_AIM OF THE EXERCISE:_ All that should come back is the lines of the data below from the one containing "with_extension-extension : (e" to the one containing "-- After the", inclusive, exactly as they stand.

_AVAILABLE DATA:_
—————
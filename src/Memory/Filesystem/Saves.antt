-- ===== src/Memory/Filesystem/Saves.antt =====
-- What a save of fmemory/src/backends/filesystem.rs leaves on the disk.
use fiddlesticks.Base.{
  String, false, some, ◌≡◌, ◌≢◌, refl, ap, sym, ◌∙◌, ◌==◌, string_eq, Bool-cases, inl, inr,
  is_empty_text,
}
use fiddlesticks.Exec.{
  Result, ok, err, no_return, Exec, map_err, catch_into, continue, ◌>>=◌, pure, lift,
}
use fiddlesticks.Common.{SessionId}
use fiddlesticks.Memory.Error.{MemoryError, MemoryErrorKind}
use fiddlesticks.Memory.Filesystem.{
  storage_error, with_extension, session_path, when_exists, write_atomic,
}
use fiddlesticks.Memory.Filesystem.Files.{FilePath, file_path_eq, Disk, DiskLaws}
use fiddlesticks.Memory.Filesystem.Hex.{hex_encode_injective}

-- An action comes back: with a value for which `G` holds, or with an error of the storage.
abbrev pub Ends : {D A : Type 0} → (A → D → Type 0) → Result MemoryError A × D → Type 0
Ends G (ok a, d) = G a d
Ends G (err e, d) = e.kind ≡ MemoryErrorKind.storage
Ends G (no_return, d) = ⊥

module _ {D A B : Type 0} (P : Result MemoryError B × D → Type 0)
    (f : A → Exec D MemoryError B) where
  continue-Ends :
      (G : A → D → Type 0) (r : Result MemoryError A) (d : D)
      → ((e : MemoryError) (d' : D) → e.kind ≡ MemoryErrorKind.storage → P (err e, d'))
      → Ends G (r, d)
      → ((a : A) → G a d → P (f a d))
      → P (continue r f d)
  continue-Ends G (ok a) d fails h k = k a h
  continue-Ends G (err e) d fails h k = fails e d h
  continue-Ends G no_return d fails h k = absurd h

  -- An action that ends, and then another.
  pub bind-Ends :
      (G : A → D → Type 0) (m : Exec D MemoryError A) (d : D)
      → ((e : MemoryError) (d' : D) → e.kind ≡ MemoryErrorKind.storage → P (err e, d'))
      → Ends G (m d)
      → ((a : A) (d' : D) → G a d' → P (f a d'))
      → P ((m >>= f) d)
  unfolding ◌>>=◌
  bind-Ends G m d fails h k = continue-Ends G (m d).0 (m d).1 fails h (λ a. k a (m d).1)

pub Ends-weaken :
    {D A : Type 0} (G H : A → D → Type 0) (r : Result MemoryError A × D)
    → ((a : A) (d : D) → G a d → H a d)
    → Ends G r
    → Ends H r
Ends-weaken G H (ok a, d) f h = f a d h
Ends-weaken G H (err e, d) f h = h
Ends-weaken G H (no_return, d) f h = h

module _ {D A : Type 0} (G : A → D → Type 0) (what : String) where
  pub caught :
      (r : Result String A) (d : D)
      → r ≢ no_return
      → ((a : A) → r ≡ ok a → G a d)
      → Ends G (map_err (storage_error what) r, d)
  caught (ok a) d returns h = h a refl
  caught (err e) d returns h = refl
  caught no_return d returns h = returns refl

  -- An operation of the disk, with its error made one of the storage.
  pub catch-Ends :
      (m : Exec D String A) (d : D)
      → (m d).0 ≢ no_return
      → ((a : A) → (m d).0 ≡ ok a → G a (m d).1)
      → Ends G (catch_into (storage_error what) m d)
  unfolding catch_into
  catch-Ends m d returns h = caught (m d).0 (m d).1 returns h

-- The file of a session is not the temporary file of any session, nor the file of another one.
abbrev tmp_of : FilePath → FilePath
tmp_of p = with_extension "json.tmp" p

pub session_path_injective :
    (root : String) (id j : SessionId) → session_path root id ≡ session_path root j → id ≡ j
unfolding session_path
session_path_injective root id j h = hex_encode_injective id j (ap (λ p. p.stem) h)

with_extension-extension : (e : String) (p : FilePath) → (with_extension e p).extension ≡ e
unfolding with_extension
with_extension-extension e p = elim (Bool-cases (is_empty_text p.stem)) [
  | inl h ↦ rw h refl
  | inr h ↦ rw h refl
]

pub tmp_ne_session_path :
    (root : String) (id j : SessionId) → tmp_of (session_path root id) ≢ session_path root j
unfolding session_path
tmp_ne_session_path root id j h =
    let extensions =
      sym (with_extension-extension "json.tmp" (session_path root id)) ∙ ap (λ p. p.extension) h in
    let same = (string_eq.beq_iff "json.tmp" "json").1 extensions in cc

pub ne_of_neq : (p q : FilePath) → p ≢ q → (p == q) ≡ false
ne_of_neq p q h = elim (Bool-cases (p == q)) [
  | inl e ↦ absurd (h ((file_path_eq.beq_iff p q).0 e))
  | inr e ↦ e
]

module _ {D Bytes : Type 0} (disk : Disk D Bytes) (laws : DiskLaws disk) where
  open laws use {contents}

  abbrev Same : D → {A : Type 0} → A → D → Type 0
  Same d a d' = (q : FilePath) → contents d' q ≡ contents d q

  -- A file has been replaced, and the temporary file is the only other one that may have changed.
  abbrev pub Replaced : FilePath → Bytes → D → Unit {0} → D → Type 0
  Replaced path bytes d u d' =
      (contents d' path ≡ some bytes)
      × ((q : FilePath) → tmp_of path ≢ q → path ≢ q → contents d' q ≡ contents d q)

  -- After the temporary file is written, and after the old file is removed.
  abbrev Written : FilePath → Bytes → D → Unit {0} → D → Type 0
  Written path bytes d u d' =
      (contents d' (tmp_of path) ≡ some bytes)
      × ((q : FilePath) → tmp_of path ≢ q → path ≢ q → contents d' q ≡ contents d q)

  remove-Ends :
      (path : FilePath) (bytes : Bytes) (d0 d : D)
      → tmp_of path ≢ path
      → Written path bytes d0 tt d
      → Ends (Written path bytes d0) (
          when_exists disk path
            (catch_into
              (storage_error "failed to replace existing state file")
              (disk.remove_file path))
            (pure tt)
            d)
  unfolding when_exists pure
  remove-Ends path bytes d0 d other (tmp, same) = elim (Bool-cases (disk.exists path d)) [
    | inl there ↦ rw there (
        catch-Ends (Written path bytes d0) _ (disk.remove_file path) d (laws.remove_returns path d)
          (λ u removed. (
            laws.remove_elsewhere path (tmp_of path) d
                  (ne_of_neq path (tmp_of path) (λ h. other (sym h)))
                ∙ tmp,
            λ q not_tmp not_path.
                laws.remove_elsewhere path q d (ne_of_neq path q not_path)
                ∙ same q not_tmp not_path,
          )))
    | inr gone ↦ rw gone (tmp, same)
  ]

  write-Ends :
      (path : FilePath) (bytes : Bytes) (d0 d : D)
      → Same d0 tt d
      → Ends (Written path bytes d0) (
          catch_into
            (storage_error "failed to write temporary state file")
            (disk.write (tmp_of path) bytes)
            d)
  write-Ends path bytes d0 d same =
      let tmp = tmp_of path in
      catch-Ends (Written path bytes d0) _ (disk.write tmp bytes) d (laws.write_returns tmp bytes d)
        (λ u written. (
          laws.write_puts tmp bytes d written,
          λ q not_tmp not_path.
              laws.write_elsewhere tmp q bytes d (ne_of_neq tmp q not_tmp) ∙ same q,
        ))

  rename-Ends :
      (path : FilePath) (bytes : Bytes) (d0 d : D)
      → Written path bytes d0 tt d
      → Ends (Replaced path bytes d0) (
          catch_into
            (storage_error "failed to finalize state file")
            (disk.rename (tmp_of path) path)
            d)
  rename-Ends path bytes d0 d (put, same) =
      let tmp = tmp_of path in
      catch-Ends (Replaced path bytes d0) _ (disk.rename tmp path) d
        (laws.rename_returns tmp path d)
        (λ u renamed. (
          laws.rename_moves tmp path d renamed ∙ put,
          λ q not_tmp not_path.
              laws.rename_elsewhere tmp path q d (ne_of_neq tmp q not_tmp)
                (ne_of_neq path q not_path)
              ∙ same q not_tmp not_path,
        ))

  -- A save that succeeds has replaced the file, and touched no other but the temporary one.
  pub write_atomic-Ends :
      (path : FilePath) (bytes : Bytes) (d : D)
      → tmp_of path ≢ path
      → Ends (Replaced path bytes d) (write_atomic disk path bytes d)
  unfolding write_atomic lift
  write_atomic-Ends path bytes d other =
      bind-Ends (Ends (Replaced path bytes d)) _ (Same d) _ d (λ e d' k. k) (λ q. refl)
        λ directory d1 same1.
          bind-Ends (Ends (Replaced path bytes d)) _ (Same d) _ d1 (λ e d' k. k)
            (catch-Ends (Same d) _ (disk.create_dir_all directory) d1
              (laws.create_returns directory d1)
              (λ u created q. laws.create_keeps directory q d1 ∙ same1 q))
            λ u d2 same2.
              bind-Ends (Ends (Replaced path bytes d)) _ (Written path bytes d) _ d2 (λ e d' k. k)
                (write-Ends path bytes d d2 same2)
                λ u d3 written.
                  bind-Ends (Ends (Replaced path bytes d)) _ (Written path bytes d) _ d3
                    (λ e d' k. k) (remove-Ends path bytes d d3 other written)
                    λ u d4 removed. rename-Ends path bytes d d4 removed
—————
_TASK SOLUTION:_
with_extension-extension : (e : String) (p : FilePath) → (with_extension e p).extension ≡ e
unfolding with_extension
with_extension-extension e p = elim (Bool-cases (is_empty_text p.stem)) [
  | inl h ↦ rw h refl
  | inr h ↦ rw h refl
]

pub tmp_ne_session_path :
    (root : String) (id j : SessionId) → tmp_of (session_path root id) ≢ session_path root j
unfolding session_path
tmp_ne_session_path root id j h =
    let extensions =
      sym (with_extension-extension "json.tmp" (session_path root id)) ∙ ap (λ p. p.extension) h in
    let same = (string_eq.beq_iff "json.tmp" "json").1 extensions in cc

pub ne_of_neq : (p q : FilePath) → p ≢ q → (p == q) ≡ false
ne_of_neq p q h = elim (Bool-cases (p == q)) [
  | inl e ↦ absurd (h ((file_path_eq.beq_iff p q).0 e))
  | inr e ↦ e
]

module _ {D Bytes : Type 0} (disk : Disk D Bytes) (laws : DiskLaws disk) where
  open laws use {contents}

  abbrev Same : D → {A : Type 0} → A → D → Type 0
  Same d a d' = (q : FilePath) → contents d' q ≡ contents d q

  -- A file has been replaced, and the temporary file is the only other one that may have changed.
  abbrev pub Replaced : FilePath → Bytes → D → Unit {0} → D → Type 0
  Replaced path bytes d u d' =
      (contents d' path ≡ some bytes)
      × ((q : FilePath) → tmp_of path ≢ q → path ≢ q → contents d' q ≡ contents d q)

  -- After the temporary file is written, and after the old file is removed.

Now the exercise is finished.